The genetic postmortem study by Buerki et al. focussed especially on 365 epilepsy-associated variants – on the basis that a proportion of SUD may be attributable to SUDEP rather than primarily cardiac causes. Likely pathogenic variants were found in 19/155 (12.2%) of SIDS and in 6/45 (13.3%) of SUD cases. The potential relevance of this discovery is supported by the observation that genetic variants linked to epilepsy were found more commonly in the subgroup of SUD cases which were likely to have been linked to epilepsy (i.e. SUDEP): 4 of these 9 cases (44.4%) harboured such variants. Of course, the presence of a genetic variant linked to epilepsy does not mean that all of these individuals had experienced epileptic seizures or died of SUDEP. However, this finding supports the idea that SUDEP may explain more cases of SID and SUD than previously assumed – and that greater priority should be given to the prevention of SUDEP through the improvement of epilepsy services.

 

 

References

  1. Ladd-Acosta C, Fallin MD. The role of epigenetics in genetic and environmental epidemiology. Epigenomics 2016;8:271-83.

  2. Buerki SE, Haas C, Neubauer J. Exome analysis focusing on epilepsy-related genes in children and adults with sudden unexplained death. Seizure. 2023; 113:66-75.

  3. Neubauer J, Lecca MR, Russo G, Bartsch C, Medeiros-Domingo A, Berger W, Haas C. Post-mortem whole-exome analysis in a large sudden infant death syndrome cohort with a focus on cardiovascular and metabolic genetic diseases. Eur J Hum Genet. 2017;25:404-409.

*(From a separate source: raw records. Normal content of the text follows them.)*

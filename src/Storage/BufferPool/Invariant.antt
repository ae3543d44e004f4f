-- ===== src/Storage/BufferPool/Invariant.antt =====
-- The coherence of the buffer pool of src/storage/buffer/buffer_pool.cpp, and what a reader sees.
use seeddb.Base.{
  true, false, ℕ, zero, suc, ◌+◌, Option, ◌<◌, ◌≡◌, ◌≤◌, some, ◌⊎◌, Bool-cases, ◌≢◌, inl, none, inr,
  arith, eq-cases, ap, refl, Bool,
}
use seeddb.Storage.PageId.{PageId, same, same_iff}
use seeddb.Storage.Lru.{contains}
use seeddb.Storage.Lru.Laws as Lru
use seeddb.Storage.BufferPool.{PageStore, Pool, empty, loading, ready, is_empty, Frame, find_empty}

-- What is relied on of a page store: a page that was written with success is read back, and a
-- write leaves the other pages alone.
pub record StoreLaws (S : PageStore) : Type 0 where
  pub get-write_self :
      (pid : PageId) (c : S.Content) (s : S.Store)
      → (S.write_page pid c s).0 ≡ true
      → S.get_page pid (S.write_page pid c s).1 ≡ some c
  pub get-write_ne :
      (pid k : PageId) (c : S.Content) (s : S.Store)
      → pid ≢ k
      → S.get_page k (S.write_page pid c s).1 ≡ S.get_page k s

pub same-cases : (a b : PageId) → ((a ≡ b) × (same a b ≡ true)) ⊎ ((¬ (a ≡ b)) × (same a b ≡ false))
same-cases a b = elim (Bool-cases (same a b)) [
  | inl h ↦ inl ((same_iff a b).0 h, h)
  | inr h ↦ inr ((λ e. cc ((same_iff a b).1 e, h)), h)
]

pub absurd_of {ℓ} : {A : Type ℓ} {a b : Bool} → a ≡ b → a ≡ true → b ≡ false → A
absurd_of e h k = cc

module _ (S : PageStore) where
  -- What a page holds for a reader: the cached content, else the stored one.
  abbrev pub view : Pool S → PageId → Option S.Content
  view p pid = elim (p.page_table pid) [
    | none ↦ S.get_page pid p.store
    | some fid ↦ some (p.frames fid).page
  ]

  pub view-none :
      (p : Pool S) (k : PageId) → p.page_table k ≡ none → view p k ≡ S.get_page k p.store
  view-none p k h = rw (h, view) refl

  pub view-some :
      (p : Pool S) (k : PageId) (fid : ℕ)
      → p.page_table k ≡ some fid
      → view p k ≡ some (p.frames fid).page
  view-some p k fid h = rw (h, view) refl

  -- The page table and the ready frames belong together, the replacer lists ready frames only, no
  -- frame is loading, and a frame that is not dirty holds what is stored.
  pub record IsCoherent (p : Pool S) : Type 0 where
    pub entries :
        (pid : PageId) (fid : ℕ)
        → p.page_table pid ≡ some fid
        → (fid < p.pool_size) × ((p.frames fid).state ≡ ready) × ((p.frames fid).page_id ≡ pid)
    pub held :
        (fid : ℕ)
        → fid < p.pool_size
        → (p.frames fid).state ≡ ready
        → p.page_table (p.frames fid).page_id ≡ some fid
    pub lru : Lru.IsValid p.replacer
    pub listed :
        (fid : ℕ)
        → contains (Lru.order p.replacer) fid ≡ true
        → (fid < p.pool_size) × ((p.frames fid).state ≡ ready)
    pub settled : (fid : ℕ) → fid < p.pool_size → (p.frames fid).state ≢ loading
    pub clean :
        (fid : ℕ)
        → fid < p.pool_size
        → (p.frames fid).state ≡ ready
        → (p.frames fid).is_dirty ≡ false
        → S.get_page (p.frames fid).page_id p.store ≡ some (p.frames fid).page

  -- The store takes the pages that the frames hold.
  abbrev pub WritesBack : Pool S → Type 0
  WritesBack p =
      (fid : ℕ)
      → fid < p.pool_size
      → (p.frames fid).state ≡ ready
      → (S.write_page (p.frames fid).page_id (p.frames fid).page p.store).0 ≡ true

  pub find_empty-cases :
      (frames : ℕ → Frame S.Content) (left i : ℕ)
      → ((fid : ℕ) × (i ≤ fid)
          × (fid < i + left)
          × ((frames fid).state ≡ empty)
          × (find_empty S frames i left ≡ some fid))
        ⊎ (((fid : ℕ) → i ≤ fid → fid < i + left → (frames fid).state ≢ empty)
            × (find_empty S frames i left ≡ none))
  unfolding find_empty
  find_empty-cases frames zero i = inr ((λ fid lo hi. absurd (omega arith)), refl)
  find_empty-cases frames (suc left) i = elim (Bool-cases (is_empty (frames i).state)) [
    | inl here ↦ inl (i, omega arith, omega arith, ground arith, rw (here, find_empty) refl)
    | inr full ↦ elim (find_empty-cases frames left (i + 1)) [
      | inl (fid, lo, hi, e, h) ↦ inl (fid, omega arith, omega arith, e, rw (full, find_empty) h)
      | inr (all, h) ↦ inr (
        (λ fid lo hi. elim (eq-cases fid i) [
          | inl (same_one, _) ↦
              λ e. cc (full, ap (λ (k : ℕ). is_empty (frames k).state) same_one, ap is_empty e)
          | inr (other, _) ↦ all fid (omega arith) (omega arith)
        ]),
        rw (full, find_empty) h,
      )
    ]
  ]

  4. Tester DJ, Wong LCH, Chanana P, Jaye A, Evans JM, FitzPatrick DR, Evans MJ, Fleming P, Jeffrey I, Cohen MC, Tfelt-Hansen J, Simpson MA, Behr ER, Ackerman MJ. Cardiac Genetic Predisposition in Sudden Infant Death Syndrome. J Am Coll Cardiol. 2018;71:1217-1227.

  5. Guo L, Torii S, Fernandez R, Braumann RE, Fuller DT, Paek KH et al. Genetic Variants Associated With Unexplained Sudden Cardiac Death in Adult White and African American Individuals. JAMA Cardiol. 2021;6:1013-1022.

  6. Chahal CAA, Salloum MN, Alahdab F, Gottwald JA, Tester DJ, Anwer LA, So EL, Murad MH, St Louis EK, Ackerman MJ, Somers VK. Systematic Review of the Genetics of Sudden Unexpected Death in Epilepsy: Potential Overlap With Sudden Cardiac Death and Arrhythmia-Related Genes. J Am Heart Assoc. 2020;9:e012264.